I've got 2 boys(11 and 7) and we get a 2br everytime we go. Big plus in having the 2nd bathroom IMHO.

If you go over to the DIS boards, there is a long ongoing thread about "Max occupancy". I know Dean(Tugger) and some others find that DVC doesn't enforce the "rules" for owners as evenly as possible. 

Here is a direct quote from Dean off the Occupancy thread.

"_You may be OK but I'll tell you that DVC is far more strict on occupancy for exchanges than member reservations. I'd definitely call and ask."_


----------



## Lisa P (Jun 7, 2008)

Even if they do permit it, your 3 kids will have to share the living room sleeper sofa.  Other than OKW, the DVC living rooms have little to no room for an inflatable mattress and these resorts do not have rollaway beds.  Sorry.
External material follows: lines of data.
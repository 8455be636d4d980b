-- ===== src/Aodv/Table/Freshness.antt =====
-- UpdateRoute on a route that is there, and where there is none.
use aqua_sim_ng.Address.{address_key, broadcast}
use aqua_sim_ng.Aodv.SeqNo.{is_seq_no_newer}
use aqua_sim_ng.Aodv.State.{Node, RouteEntry}
use aqua_sim_ng.Aodv.Table.{
  is_stale, lookup_route, should_update_route, update_route, updated_entry,
}
use aqua_sim_ng.Aodv.Table.Frame.{find-write_entry_ne, find-write_entry_self}
use aqua_sim_ng.Prelude.{
  Bool, Bool-cases, [], arith, false, get_or, inl, inr, none, refl, some, true, ℕ, ◌+◌, ◌==◌, ◌||◌,
  ◌≡◌, ◌≢◌, ◌≤◌, ◌⊎◌,
}
use aqua_sim_ng.Prelude.KeySet.{KeySet}
use aqua_sim_ng.Prelude.Map.{find, find-insert}

-- At least as fresh: a newer destination sequence number, or the same and no more hops.
abbrev pub IsFresher : RouteEntry → RouteEntry → Type 0
IsFresher e' e =
    (is_seq_no_newer e'.dest_seq_no e.dest_seq_no ≡ true)
    ⊎ ((e'.dest_seq_no ≡ e.dest_seq_no) × (e'.hop_count ≤ e.hop_count))

-- A usable route with a known sequence number, at least as fresh as the other, with its precursors.
pub record Supersedes (now : ℕ) (e' e : RouteEntry) : Type 0 where
  pub fresher : IsFresher e' e
  pub live : is_stale now e' ≡ false
  pub known : e'.valid_seq_no ≡ true
  pub precursors : e'.precursors ≡ e.precursors

module _ (now next_hop hop_count seq_no : ℕ) (valid_seq_no : Bool) (lifetime : ℕ) where
  -- The entry after `UpdateRoute`, where there is one before.
  abbrev entry_after : RouteEntry → RouteEntry
  entry_after e =
      get_or (updated_entry now (some e) next_hop hop_count seq_no valid_seq_no lifetime) e

  entry_after-Supersedes :
      (e : RouteEntry)
      → is_stale now e ≡ false
      → e.valid_seq_no ≡ true
      → Supersedes now (entry_after e) e
  unfolding updated_entry should_update_route
  entry_after-Supersedes e live known = record {
    fresher = ground arith;
    live = ground arith;
    known = ground arith;
    precursors = ground arith;
  }

  -- Where the table has a usable route with a known sequence number, UpdateRoute leaves a usable
  -- route there, with a known sequence number that is newer, or the same with no more hops, and
  -- with the same precursors. The other destinations keep their entries.
  pub update_route-Supersedes :
      (d : ℕ) (n : Node) (e : RouteEntry)
      → find d n.route_table ≡ some e
      → is_stale now e ≡ false
      → e.valid_seq_no ≡ true
      → let m = update_route now d next_hop hop_count seq_no valid_seq_no lifetime n in
        (e' : RouteEntry) × (find d m.route_table ≡ some e')
        × Supersedes now e' e
        × ((k : ℕ) → d ≢ k → find k m.route_table ≡ find k n.route_table)
  unfolding update_route
  update_route-Supersedes d n e found live known =
      elim (Bool-cases (d == broadcast || d == n.address)) [
        | inl skipped ↦ (
          e,
          rw (skipped, update_route) found,
          record { fresher = ground arith; live = live; known = known; precursors = refl },
          λ k h. rw (skipped, update_route) refl,
        )
        | inr taken ↦
            rw (taken, update_route, found)
              (
                entry_after e,
                find-write_entry_self d _ n e found,
                entry_after-Supersedes e live known,
                λ k h. find-write_entry_ne d k _ n h,
              )
      ]

-- Where the table has no usable route to a destination other than the node itself and the
-- broadcast address, UpdateRoute makes exactly the route that it is given, until the lifetime ends.
pub lookup_route-update_route :
    (now d next_hop hop_count seq_no : ℕ) (valid_seq_no : Bool) (lifetime : ℕ) (n : Node)
    → d ≢ broadcast
    → d ≢ n.address
    → lookup_route now d n ≡ none
    → (e : RouteEntry) × (lookup_route now d
          (update_route now d next_hop hop_count seq_no valid_seq_no lifetime n)
        ≡ some e)
      × (e.next_hop ≡ next_hop)
      × (e.hop_count ≡ hop_count)
      × (e.dest_seq_no ≡ seq_no)
      × (e.valid_seq_no ≡ valid_seq_no)
      × (e.expire ≡ now + lifetime)
unfolding update_route lookup_route updated_entry should_update_route
lookup_route-update_route now d next_hop hop_count seq_no valid_seq_no lifetime n h h' missing = (
  new_entry,
  ground (arith, find-insert d d new_entry n.route_table),
  refl,
  refl,
  refl,
  refl,
  refl,
)
  where
    old : KeySet ℕ
    old = elim (find d n.route_table) [ none ↦ [] | some e ↦ e.precursors ]

    new_entry : RouteEntry
    new_entry = record {
      next_hop = next_hop;
      hop_count = hop_count;
      dest_seq_no = seq_no;
      valid_seq_no = valid_seq_no;
      valid = true;
      expire = now + lifetime;
      precursors = old;
    }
New DVC inventory is still being added to II regularly, especially for late summer and early fall vacations.  However, only scattered dates (mostly studios) have been showing so far for next winter.  If your deposit definitely has the trade power for a DVC exchange and you can see availability online (other dates and/or unit sizes), then you still have a very good chance of getting this 2BR DVC trade for January with an ongoing search.  Make sure you include as many check-in dates as possible, not just a single Saturday check-in, if possible.

FWIW, we stayed at an Orlando Marriott this year the same week you're going in 2009.  We had a pretty good selection of Marriott resorts from which to choose when we confirmed the trade around November for January.  We spent our time at Sea World and Universal so we didn't need a DVC trade for that trip.  Anyhow, I'd hold out with your ongoing search until November, before giving up on a 2BR DVC for the 2nd week of January.  That's just me.  HTH!


----------



## spookykennedy (Jun 7, 2008)

I have seen a few 2BRs in Jan. in the past, so as long as you are sure your trader can pull DVC, I would hold out. We just grabbed two 1BR OKW units b/c we didn't want to risk getting a 2BR and we have 5.


----------



## djp (Jun 8, 2008)

it is a 2br starwood ski week, and I have pulled 2br's at DVC for other dates, so  think I have a decent chance, just a little nervous


----------



## FLYNZ4 (Jun 9, 2008)

DVC has been allowing 5 in a 1BR.   The bigger issue is comfort.   If I had to use an aerobed in a 1BR... it would probably be in the entry area in front of the entry door.   i would not want bigger than a twin size.

2BR units are most popular at SSR and DVO.  I have a 2BR unit for SSR in Jan'09 which came up at about the 11 month mark.  BWV, BCV and VWL seem to be much harder this year.   I think Jan is the 2nd easiest month to get at DVC.

/Jim


----------